Exercise data Start Marker

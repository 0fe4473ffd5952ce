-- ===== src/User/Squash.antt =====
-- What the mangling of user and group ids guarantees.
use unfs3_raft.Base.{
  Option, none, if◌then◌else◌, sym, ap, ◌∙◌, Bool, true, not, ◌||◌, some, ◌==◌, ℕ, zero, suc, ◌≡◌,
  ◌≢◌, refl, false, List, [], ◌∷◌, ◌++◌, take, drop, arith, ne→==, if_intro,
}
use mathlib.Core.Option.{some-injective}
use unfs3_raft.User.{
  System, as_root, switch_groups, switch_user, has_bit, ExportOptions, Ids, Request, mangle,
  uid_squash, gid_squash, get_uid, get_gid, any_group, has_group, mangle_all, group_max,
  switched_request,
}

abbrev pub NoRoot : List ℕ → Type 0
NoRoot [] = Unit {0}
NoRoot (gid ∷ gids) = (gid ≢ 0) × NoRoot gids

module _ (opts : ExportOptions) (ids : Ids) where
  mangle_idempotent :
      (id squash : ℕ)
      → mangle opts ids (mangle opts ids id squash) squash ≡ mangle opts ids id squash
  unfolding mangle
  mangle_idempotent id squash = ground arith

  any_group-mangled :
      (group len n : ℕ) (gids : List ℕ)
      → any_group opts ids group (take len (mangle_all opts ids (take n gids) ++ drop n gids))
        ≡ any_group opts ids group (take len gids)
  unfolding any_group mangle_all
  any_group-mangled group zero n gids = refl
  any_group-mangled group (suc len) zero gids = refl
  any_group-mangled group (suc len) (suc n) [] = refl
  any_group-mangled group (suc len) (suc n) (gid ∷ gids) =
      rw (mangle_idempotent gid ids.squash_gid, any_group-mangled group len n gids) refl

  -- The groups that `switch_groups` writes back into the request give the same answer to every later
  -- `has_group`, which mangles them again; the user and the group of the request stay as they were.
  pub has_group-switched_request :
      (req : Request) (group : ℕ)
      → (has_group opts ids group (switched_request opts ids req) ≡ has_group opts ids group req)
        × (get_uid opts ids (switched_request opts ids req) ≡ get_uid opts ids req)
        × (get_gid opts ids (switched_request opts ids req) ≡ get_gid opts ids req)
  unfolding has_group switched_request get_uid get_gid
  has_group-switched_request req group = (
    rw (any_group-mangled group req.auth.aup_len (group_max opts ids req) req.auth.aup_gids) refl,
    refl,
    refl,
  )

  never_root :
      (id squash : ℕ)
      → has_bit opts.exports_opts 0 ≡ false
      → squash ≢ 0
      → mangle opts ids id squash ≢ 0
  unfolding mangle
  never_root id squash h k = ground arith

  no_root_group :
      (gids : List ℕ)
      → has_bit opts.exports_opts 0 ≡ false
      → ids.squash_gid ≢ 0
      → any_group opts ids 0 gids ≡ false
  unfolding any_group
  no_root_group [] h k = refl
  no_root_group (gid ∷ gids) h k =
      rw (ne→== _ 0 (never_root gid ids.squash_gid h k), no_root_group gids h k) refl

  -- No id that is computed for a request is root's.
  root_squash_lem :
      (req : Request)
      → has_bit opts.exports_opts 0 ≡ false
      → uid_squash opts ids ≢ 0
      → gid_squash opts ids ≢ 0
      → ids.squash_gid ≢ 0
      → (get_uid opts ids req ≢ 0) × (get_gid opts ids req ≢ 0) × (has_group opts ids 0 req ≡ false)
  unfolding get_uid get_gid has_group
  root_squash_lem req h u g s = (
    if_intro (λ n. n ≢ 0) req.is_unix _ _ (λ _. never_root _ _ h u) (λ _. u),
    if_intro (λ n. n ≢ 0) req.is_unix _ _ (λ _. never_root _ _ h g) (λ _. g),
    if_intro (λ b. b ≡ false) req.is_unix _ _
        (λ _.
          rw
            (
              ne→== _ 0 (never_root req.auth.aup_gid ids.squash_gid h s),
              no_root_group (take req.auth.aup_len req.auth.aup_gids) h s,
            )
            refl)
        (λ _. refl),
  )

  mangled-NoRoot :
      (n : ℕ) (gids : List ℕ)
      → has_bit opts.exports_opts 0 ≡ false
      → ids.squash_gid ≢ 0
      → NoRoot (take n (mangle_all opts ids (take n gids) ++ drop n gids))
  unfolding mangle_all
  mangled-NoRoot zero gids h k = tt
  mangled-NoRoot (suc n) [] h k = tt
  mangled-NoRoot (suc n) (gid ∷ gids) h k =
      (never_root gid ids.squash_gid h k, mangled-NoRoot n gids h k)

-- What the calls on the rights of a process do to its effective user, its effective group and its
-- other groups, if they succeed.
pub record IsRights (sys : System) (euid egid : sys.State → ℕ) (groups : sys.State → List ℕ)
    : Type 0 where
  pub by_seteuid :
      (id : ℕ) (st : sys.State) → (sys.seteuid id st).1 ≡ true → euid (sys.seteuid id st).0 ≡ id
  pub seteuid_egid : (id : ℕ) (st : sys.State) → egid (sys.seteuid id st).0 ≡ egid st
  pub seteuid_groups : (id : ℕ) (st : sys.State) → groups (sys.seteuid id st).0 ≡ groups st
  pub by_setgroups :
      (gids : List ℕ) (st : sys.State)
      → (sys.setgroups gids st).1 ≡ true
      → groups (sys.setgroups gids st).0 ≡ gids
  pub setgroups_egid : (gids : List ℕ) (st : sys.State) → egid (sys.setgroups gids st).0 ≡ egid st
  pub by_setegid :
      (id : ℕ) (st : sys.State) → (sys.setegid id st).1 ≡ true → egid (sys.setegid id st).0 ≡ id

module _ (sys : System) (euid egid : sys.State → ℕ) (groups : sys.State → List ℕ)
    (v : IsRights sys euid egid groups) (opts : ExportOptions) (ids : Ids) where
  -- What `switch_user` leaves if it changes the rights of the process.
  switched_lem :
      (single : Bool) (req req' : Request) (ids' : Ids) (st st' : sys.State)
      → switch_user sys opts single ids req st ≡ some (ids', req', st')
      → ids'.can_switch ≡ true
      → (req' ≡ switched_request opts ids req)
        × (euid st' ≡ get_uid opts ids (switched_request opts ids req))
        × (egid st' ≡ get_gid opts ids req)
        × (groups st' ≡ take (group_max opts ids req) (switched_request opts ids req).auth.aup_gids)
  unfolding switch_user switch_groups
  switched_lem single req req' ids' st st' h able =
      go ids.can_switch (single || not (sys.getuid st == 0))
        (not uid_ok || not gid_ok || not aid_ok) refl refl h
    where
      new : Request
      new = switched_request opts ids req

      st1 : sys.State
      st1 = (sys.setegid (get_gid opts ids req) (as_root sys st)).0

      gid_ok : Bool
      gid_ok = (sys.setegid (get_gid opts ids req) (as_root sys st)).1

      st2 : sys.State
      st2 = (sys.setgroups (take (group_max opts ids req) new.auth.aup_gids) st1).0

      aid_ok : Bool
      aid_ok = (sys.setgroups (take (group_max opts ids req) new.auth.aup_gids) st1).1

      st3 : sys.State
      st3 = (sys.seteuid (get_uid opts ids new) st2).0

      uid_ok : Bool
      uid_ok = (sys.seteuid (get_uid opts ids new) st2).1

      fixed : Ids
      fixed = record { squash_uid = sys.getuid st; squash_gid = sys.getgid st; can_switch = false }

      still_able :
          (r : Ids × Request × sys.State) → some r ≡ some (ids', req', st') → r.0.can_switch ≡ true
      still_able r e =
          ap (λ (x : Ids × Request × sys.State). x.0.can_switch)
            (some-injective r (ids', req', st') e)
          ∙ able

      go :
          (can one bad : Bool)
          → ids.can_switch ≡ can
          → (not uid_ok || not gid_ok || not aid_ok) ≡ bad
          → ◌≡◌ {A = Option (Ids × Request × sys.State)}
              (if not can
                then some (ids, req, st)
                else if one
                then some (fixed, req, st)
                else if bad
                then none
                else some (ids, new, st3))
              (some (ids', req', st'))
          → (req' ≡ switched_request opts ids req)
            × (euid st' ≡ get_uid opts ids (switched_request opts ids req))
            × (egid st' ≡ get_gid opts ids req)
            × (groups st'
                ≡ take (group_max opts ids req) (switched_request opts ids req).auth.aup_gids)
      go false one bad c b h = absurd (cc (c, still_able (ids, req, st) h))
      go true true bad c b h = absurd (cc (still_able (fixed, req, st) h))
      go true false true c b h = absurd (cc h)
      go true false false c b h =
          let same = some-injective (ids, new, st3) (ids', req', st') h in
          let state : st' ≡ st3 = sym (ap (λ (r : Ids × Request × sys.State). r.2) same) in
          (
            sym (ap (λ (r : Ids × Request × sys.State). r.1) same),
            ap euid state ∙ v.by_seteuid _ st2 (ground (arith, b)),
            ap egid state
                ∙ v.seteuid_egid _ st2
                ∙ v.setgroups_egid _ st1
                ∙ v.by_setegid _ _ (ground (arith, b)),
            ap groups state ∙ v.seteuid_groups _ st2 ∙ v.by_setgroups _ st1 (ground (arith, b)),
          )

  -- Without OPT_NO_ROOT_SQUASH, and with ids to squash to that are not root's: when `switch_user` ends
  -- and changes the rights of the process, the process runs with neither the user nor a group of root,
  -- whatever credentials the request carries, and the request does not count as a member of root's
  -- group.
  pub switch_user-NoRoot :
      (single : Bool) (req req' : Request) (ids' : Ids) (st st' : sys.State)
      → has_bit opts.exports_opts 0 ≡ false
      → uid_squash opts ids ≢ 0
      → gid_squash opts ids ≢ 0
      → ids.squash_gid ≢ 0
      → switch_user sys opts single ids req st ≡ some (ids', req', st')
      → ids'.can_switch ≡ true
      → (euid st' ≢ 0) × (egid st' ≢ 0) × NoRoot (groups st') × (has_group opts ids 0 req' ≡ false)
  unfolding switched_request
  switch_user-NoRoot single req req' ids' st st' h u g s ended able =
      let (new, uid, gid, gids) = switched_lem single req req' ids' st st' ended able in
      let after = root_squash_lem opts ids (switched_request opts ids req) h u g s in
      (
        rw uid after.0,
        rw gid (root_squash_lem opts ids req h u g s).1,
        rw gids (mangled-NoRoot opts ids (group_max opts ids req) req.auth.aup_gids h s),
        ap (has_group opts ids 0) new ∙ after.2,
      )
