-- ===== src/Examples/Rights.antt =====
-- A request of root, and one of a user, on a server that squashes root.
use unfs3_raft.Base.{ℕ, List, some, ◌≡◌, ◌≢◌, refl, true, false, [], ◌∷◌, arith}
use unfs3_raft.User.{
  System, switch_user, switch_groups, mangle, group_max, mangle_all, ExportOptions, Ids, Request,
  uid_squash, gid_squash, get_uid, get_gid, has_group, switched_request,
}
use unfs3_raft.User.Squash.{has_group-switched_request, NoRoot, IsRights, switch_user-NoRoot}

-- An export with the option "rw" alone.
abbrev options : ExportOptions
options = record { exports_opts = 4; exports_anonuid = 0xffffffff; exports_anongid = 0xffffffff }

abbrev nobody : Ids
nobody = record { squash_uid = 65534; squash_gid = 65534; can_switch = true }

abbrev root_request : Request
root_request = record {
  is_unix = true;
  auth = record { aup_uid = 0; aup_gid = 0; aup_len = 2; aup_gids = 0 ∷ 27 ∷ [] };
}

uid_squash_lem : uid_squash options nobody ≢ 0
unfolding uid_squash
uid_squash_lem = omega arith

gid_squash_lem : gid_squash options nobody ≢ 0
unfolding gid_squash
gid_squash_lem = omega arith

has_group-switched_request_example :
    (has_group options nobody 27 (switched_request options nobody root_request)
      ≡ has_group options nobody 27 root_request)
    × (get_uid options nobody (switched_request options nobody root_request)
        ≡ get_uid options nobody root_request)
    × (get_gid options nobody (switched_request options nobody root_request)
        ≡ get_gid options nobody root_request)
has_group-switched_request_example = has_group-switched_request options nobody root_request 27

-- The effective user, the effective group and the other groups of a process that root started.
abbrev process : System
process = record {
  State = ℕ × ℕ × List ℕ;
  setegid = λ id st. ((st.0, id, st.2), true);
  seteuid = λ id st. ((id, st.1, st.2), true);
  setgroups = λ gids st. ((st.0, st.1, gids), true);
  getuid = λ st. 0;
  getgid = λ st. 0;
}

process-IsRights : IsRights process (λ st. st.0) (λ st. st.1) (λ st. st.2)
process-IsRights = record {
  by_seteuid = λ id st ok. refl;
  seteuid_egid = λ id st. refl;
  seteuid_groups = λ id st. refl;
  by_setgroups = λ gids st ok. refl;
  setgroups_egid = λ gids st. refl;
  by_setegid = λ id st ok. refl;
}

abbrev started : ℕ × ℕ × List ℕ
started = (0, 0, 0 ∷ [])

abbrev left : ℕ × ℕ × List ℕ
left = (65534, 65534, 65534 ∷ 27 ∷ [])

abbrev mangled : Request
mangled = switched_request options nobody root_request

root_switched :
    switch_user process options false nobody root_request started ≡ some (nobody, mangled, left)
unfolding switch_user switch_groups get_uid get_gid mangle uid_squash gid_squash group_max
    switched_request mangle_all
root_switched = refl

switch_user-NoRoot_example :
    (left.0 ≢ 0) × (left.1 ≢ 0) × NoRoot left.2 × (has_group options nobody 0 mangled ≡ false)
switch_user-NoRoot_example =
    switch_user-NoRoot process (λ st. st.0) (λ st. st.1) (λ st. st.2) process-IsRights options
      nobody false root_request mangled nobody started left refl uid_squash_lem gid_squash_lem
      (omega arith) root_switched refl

Exercise data End Marker

• Task instructions: Among the entries above, how many lines hold the string "injective"? Give the number by itself.

• Answer to the exercise: 3